Dr. Alvin Weinberg, the “guru” of thorium nuclear technology, called it a “Faustian bargain” and said it was “a great energy source, but you've got to worry about proliferation and waste,” Makhijani replied.
“OK, you have concerns about thorium-based nuclear power,” Martin replied. “But what is the answer? Renewables are not going to solve our problem in the time scales that we need it, in the next 30 to 50 years.” The choice is between “an innovative form of nuclear power” and “a three-degree-Celsius rise in global temperatures over the next 50 years.”
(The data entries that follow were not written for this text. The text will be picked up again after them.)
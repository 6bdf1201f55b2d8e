-- ===== src/Wallet/History.antt =====
-- Any sequence of calls of the wallet service, with any failing statements among them.
use lurus_identity.Base.{ℕ, refl, String, Bool, Option, none, some, List, [], ◌∷◌, ℤ, arith}
use lurus_identity.Table.{first}
use lurus_identity.Entity.Billing.{PaymentOrder}
use lurus_identity.Store.{Tables, Db, M, ⊤, pure, ◌>>◌}
use lurus_identity.Store.Keeps.{Keeps, Keeps-sql, Keeps-bind, keeps_rules}
use lurus_identity.Vip.{recalculate_from_wallet}
use lurus_identity.Vip.Frame.{recalculate_from_wallet-Keeps}
use lurus_identity.Wallet.Repo
use lurus_identity.Wallet.Repo.{TxInfo, has_order_no, insert_order}
use lurus_identity.Wallet.Service
use lurus_identity.Wallet.Service.{credit_topup}
use lurus_identity.Wallet.Ledger.{IsReconciled, IsReconciled-same}
use lurus_identity.Wallet.Invariant.{
  credit-IsReconciled, debit-IsReconciled, redeem_code-IsReconciled, get_or_create-IsReconciled,
}

-- The calls, with the readings of the clock and the generated order numbers as arguments.
pub data Call : Type 0 where
  open_wallet : ℕ → Call
  credit debit : ℕ → ℤ → TxInfo → Call
  topup : ℕ → ℤ → String → Call
  redeem : ℕ → ℕ → String → Call
  create_topup : ℕ → ℕ → ℤ → String → String → Call
  mark_order_paid : ℕ → String → Call
  expire_stale : ℕ → ℕ → Call

unfoldable pub perform : Call → M ⊤
perform (Call.open_wallet a) = Repo.get_or_create a >> pure tt
perform (Call.credit a amount info) = Repo.credit a amount info >> pure tt
perform (Call.debit a amount info) = Repo.debit a amount info >> pure tt
perform (Call.topup a amount n) = Service.topup a amount n >> pure tt
perform (Call.redeem now a code) = Repo.redeem_code now a code >> pure tt
perform (Call.create_topup now a amount m n) = Service.create_topup now a amount m n >> pure tt
perform (Call.mark_order_paid now n) = Service.mark_order_paid now n >> pure tt
perform (Call.expire_stale now age) = Repo.expire_stale_pending_orders now age >> pure tt

-- The state after the calls, in turn; a call that fails is followed by the next one.
unfoldable pub after : List Call → Db → Db
after [] s = s
after (c ∷ cs) s = after cs (perform c s).1

recalculate-IsReconciled : (a : ℕ) → Keeps IsReconciled (recalculate_from_wallet a)
recalculate-IsReconciled =
    recalculate_from_wallet-Keeps (λ t vs r. IsReconciled-same refl refl (omega arith) r)

topup-IsReconciled :
    (a : ℕ) (amount : ℤ) (n : String) → Keeps IsReconciled (Service.topup a amount n)
unfolding Service.topup
topup-IsReconciled a amount n =
    search (keeps_rules, recalculate-IsReconciled, credit-IsReconciled) depth 9

insert_order-IsReconciled :
    (o : PaymentOrder) (found : Option PaymentOrder) (t : Tables)
    → IsReconciled t
    → IsReconciled (insert_order o found t).1
unfolding insert_order
insert_order-IsReconciled o none t r = IsReconciled-same refl refl (omega arith) r
insert_order-IsReconciled o (some x) t r = r

create_payment_order-IsReconciled :
    (o : PaymentOrder) → Keeps IsReconciled (Repo.create_payment_order o)
unfolding Repo.create_payment_order
create_payment_order-IsReconciled o =
    Keeps-sql _ (λ t r. insert_order-IsReconciled o (first (has_order_no o.order_no) t.orders) t r)

mark-IsReconciled : (now : ℕ) (n : String) → Keeps IsReconciled (Repo.mark_payment_order_paid now n)
unfolding Repo.mark_payment_order_paid Repo.get_payment_order_by_no
mark-IsReconciled now n =
    Keeps-bind _ _ (Keeps-sql _ (λ t r. IsReconciled-same refl refl (omega arith) r))
      (λ rows. search keeps_rules)

credit_topup-IsReconciled :
    (did : Bool) (o : PaymentOrder) → Keeps IsReconciled (credit_topup did o)
unfolding credit_topup
credit_topup-IsReconciled did o = search (keeps_rules, topup-IsReconciled) depth 8

mark_order_paid-IsReconciled :
    (now : ℕ) (n : String) → Keeps IsReconciled (Service.mark_order_paid now n)
unfolding Service.mark_order_paid
mark_order_paid-IsReconciled now n =
    search (keeps_rules, mark-IsReconciled, credit_topup-IsReconciled)

expire-IsReconciled : (now age : ℕ) → Keeps IsReconciled (Repo.expire_stale_pending_orders now age)
unfolding Repo.expire_stale_pending_orders
expire-IsReconciled now age = Keeps-sql _ (λ t r. IsReconciled-same refl refl (omega arith) r)

create_topup-IsReconciled :
    (now a : ℕ) (amount : ℤ) (m n : String)
    → Keeps IsReconciled (Service.create_topup now a amount m n)
unfolding Service.create_topup
create_topup-IsReconciled now a amount m n = search (keeps_rules, create_payment_order-IsReconciled)

perform-IsReconciled : (c : Call) → Keeps IsReconciled (perform c)
unfolding perform
perform-IsReconciled (Call.open_wallet a) = search (keeps_rules, get_or_create-IsReconciled)
perform-IsReconciled (Call.credit a amount info) = search (keeps_rules, credit-IsReconciled)
perform-IsReconciled (Call.debit a amount info) = search (keeps_rules, debit-IsReconciled)
perform-IsReconciled (Call.topup a amount n) = search (keeps_rules, topup-IsReconciled)
perform-IsReconciled (Call.redeem now a code) = search (keeps_rules, redeem_code-IsReconciled)
perform-IsReconciled (Call.create_topup now a amount m n) =
    search (keeps_rules, create_topup-IsReconciled)
perform-IsReconciled (Call.mark_order_paid now n) =
    search (keeps_rules, mark_order_paid-IsReconciled)
perform-IsReconciled (Call.expire_stale now age) = search (keeps_rules, expire-IsReconciled)

-- Whatever calls are made from a reconciled state, and whichever of their statements fail, every
-- balance is the sum of the account's ledger entries and the wallets' ids stay distinct.
pub after-IsReconciled :
    (cs : List Call) (s : Db) → IsReconciled s.tables → IsReconciled (after cs s).tables
unfolding after
after-IsReconciled [] s r = r
after-IsReconciled (c ∷ cs) s r =
    after-IsReconciled cs (perform c s).1 ((perform-IsReconciled c).at s r)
“My reactor is free. It's in the sky, 93 million miles away. You can store its energy in molten salt. It is being done today. You can generate electricity for 24 hours a day,” Makhijani answered.
Even with extensive investment in thorium technology, he said, it would take ten years to build the infrastructure and ten more to put regulation in place. “I did an honest, unbiased look, not thinking we could do renewable energy. And I found out that my hunch was wrong: We can do 100 percent renewable energy.”
Thorium will not happen in the United States “because of the licensing issues,” Martin agreed. It is happening in China, India, and Western Europe. “The thorium revival is inevitable. The question is whether the United States is going to be a follower or a leader.”
“Let them raise venture capital and do it,” said Mark Cooper, Vermont Law School Institute for Energy and the Environment nuclear economics researcher. “[There are] low-carbon and no-carbon technologies whose costs have been coming down and they can keep the lights on. In 25 years, [there will likely be] a whole range of cost-effective ways to keep the lights on that evolve from the current set of technologies.”